Verschil tussen OBD-II-modus 6 en modus 8:

 

  • Modus 6→ Het beste voorhet diagnosticeren van intermitterende problemendoor opgeslagen testgegevens te bekijken.
  • Modus 8→ Gebruikt vooractieve tests en componentcontrole, meestal door professionals.

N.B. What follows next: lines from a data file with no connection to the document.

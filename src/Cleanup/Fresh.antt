-- ===== src/Cleanup/Fresh.antt =====
-- A new URL and the cleanup: only a redirect sets the time of last use.
use production_ready_url_sho.Common.{
  ℕ, ◌≤◌, ◌<◌, ◌≡◌, ◌∙◌, refl, ap, String, none, some, List, ◌∷◌, map, ℤ, Option-cases, inl, inr,
  eq_iff, arith,
}
use production_ready_url_sho.Failure.{ok, err, sentinel, not_found}
use production_ready_url_sho.Context.{Ctx}
use production_ready_url_sho.Model.{Stamp, Url, new_url}
use production_ready_url_sho.Sql.{Tables, execute, update_last_used, touch, is_live}
use production_ready_url_sho.Sql.Constraints.{IsConsistent, execute-IsConsistent}
use production_ready_url_sho.Sql.Selecting.{find_live}
use production_ready_url_sho.Sql.Lasting.{touched, find_live-map-touch, url-touch}
use production_ready_url_sho.Repository.Calm.{table_urls}
use production_ready_url_sho.Service.{free, Redirection, redirect, touch_last_used}
use production_ready_url_sho.Service.Lifecycle.Shortened.{
  lookup, shorten, reused, created, shorten-Shortened,
}
use production_ready_url_sho.Service.Lifecycle.Returning.{find_self}
use production_ready_url_sho.Cleanup.{cutoff_time, run_cleanup}
use production_ready_url_sho.Cleanup.Exactness.{used_since, cleanup_exact}

-- What a redirection answers when its key resolves to nothing.
abbrev pub missing_target : Redirection
missing_target = record { target = err (sentinel not_found); spawned = none }

pub redirect-none :
    (ctx : Ctx) (key : String) (t : Tables)
    → find_live key t.urls ≡ none
    → (redirect table_urls ctx key t).0 ≡ missing_target
unfolding redirect
redirect-none ctx key t h = rw h refl

pub redirect-some :
    (ctx : Ctx) (key : String) (t : Tables) (row : Url)
    → find_live key t.urls ≡ some row
    → (redirect table_urls ctx key t).0 ≡ record { target = ok row.url; spawned = some row.id }
unfolding redirect
redirect-some ctx key t row h = rw h refl

module _ (sum256 : String → List ℕ) (ctx : Ctx) (st log_st : Stamp) (original agent : String) where
  new_row :
      (t t' : Tables) (u : Url) (key : String)
      → shorten sum256 ctx st log_st original agent t ≡ (ok u, t')
      → lookup sum256 ctx original t ≡ (free key, t)
      → (u ≡ new_url st original key) × (t'.urls ≡ u ∷ t.urls)
  new_row t t' u key h looked =
      elim (shorten-Shortened sum256 ctx st log_st original agent t t' u h) [
        | reused row looked' _ _ _ _ ↦ cc (looked, looked')
        | created key' looked' same _ _ after ↦ (cc (looked, looked', same), after)
      ]

  -- On tables whose URLs are consistent: a URL that `ShortenURL` has just stored as a new row, and
  -- that nobody has followed, is retired by the next cleanup, whatever the threshold, as long as
  -- the cutoff lies after Go's zero time: its redirect then answers "record not found".
  pub fresh_url_lost :
      (t t' : Tables) (u : Url) (key : String) (threshold : ℤ) (now later : ℕ) (ctx' ctx'' : Ctx)
      → shorten sum256 ctx st log_st original agent t ≡ (ok u, t')
      → lookup sum256 ctx original t ≡ (free key, t)
      → IsConsistent t'.urls
      → 0 < cutoff_time now threshold
      → (redirect table_urls ctx'' u.short_key
          (run_cleanup table_urls threshold ctx' now later t').1).0
        ≡ missing_target
  unfolding new_url
  fresh_url_lost t t' u key threshold now later ctx' ctx'' h looked consistent past =
      let (same, after) = new_row t t' u key h looked in
      let there : find_live u.short_key t'.urls ≡ some u =
        ap (find_live u.short_key) after ∙ find_self u t.urls (ap (λ v. is_live v) same) in
      let unused : u.last_used_at ≡ 0 = ap (λ (v : Url). v.last_used_at) same in
      redirect-none ctx'' u.short_key _ (
        cleanup_exact threshold ctx' now later u.short_key t' consistent
        ∙ ap (used_since (cutoff_time now threshold)) there
        ∙ ground arith)

used_since-touch :
    (at : ℕ) (id : String) (row : Url) (cutoff : ℕ)
    → row.id ≡ id
    → cutoff ≤ at
    → used_since cutoff (some (touch at id row)) ≡ some (touch at id row)
unfolding touch
used_since-touch at id row cutoff same fresh = ground (arith, eq_iff row.id id)

-- On tables whose URLs are consistent: a URL that is followed, and whose time of last use the
-- goroutine of that redirect has set, is kept by a cleanup whose cutoff is not after that time: its
-- short key still leads to the same URL.
pub followed_url_kept :
    (t : Tables) (key url id : String) (at now later : ℕ) (threshold : ℤ) (ctx ctx' ctx'' : Ctx)
    → IsConsistent t.urls
    → (redirect table_urls ctx key t).0 ≡ record { target = ok url; spawned = some id }
    → cutoff_time now threshold ≤ at
    → (redirect table_urls ctx'' key
        (run_cleanup table_urls threshold ctx' now later
          (touch_last_used table_urls at id t)).1).0.target
      ≡ ok url
unfolding touched touch_last_used execute
followed_url_kept t key url id at now later threshold ctx ctx' ctx'' consistent h fresh =
    elim (Option-cases (find_live key t.urls)) [
      | inl missing ↦ cc (h, redirect-none ctx key t missing)
      | inr (row, there) ↦
          let seen = redirect-some ctx key t row there in
          let cutoff = cutoff_time now threshold in
          let t' : Tables = record t { urls = map (touch at id) t.urls } in
          let kept : find_live key (run_cleanup table_urls threshold ctx' now later t').1.urls
              ≡ some (touch at id row) =
            cleanup_exact threshold ctx' now later key t'
              (execute-IsConsistent (update_last_used at id) t consistent)
            ∙ ap (used_since (cutoff_time now threshold))
                (find_live-map-touch at id key t.urls ∙ ap (touched at id) there)
            ∙ used_since-touch at id row cutoff (cc (h, seen)) fresh in
          ap (λ (r : Redirection). r.target) (redirect-some ctx'' key _ _ kept)
          ∙ cc (h, seen, url-touch at id row)
    ]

Voor een nauwkeurige diagnose dient u altijd te verwijzen naarfabrikantspecifieke richtlijnenen gebruikcompatibele scantoolsWe hebben een aantal scanners met ingebouwde modus 6 en 8 in de aanbieding.

 

Modus 6 (Resultaten van on-board diagnostische tests – Niet-continue bewaking)

Definitie

Modus 6 biedt toegang tottestresultaten voor niet-continue monitoren—diagnostische controles die alleen onder specifieke omstandigheden worden uitgevoerd (bijvoorbeeld de efficiëntie van de katalysator, de respons van de zuurstofsensor).

Doel

  • Winkelstestresultaten(geslaagd/gefaald) voor componenten die niet continu worden bewaakt.
  • Biedtgedetailleerde numerieke gegevens(bijv. sensorresponstijden, efficiëntiedrempels).
  • Helpt bij het diagnosticerenintermitterende storingenof prestatievermindering.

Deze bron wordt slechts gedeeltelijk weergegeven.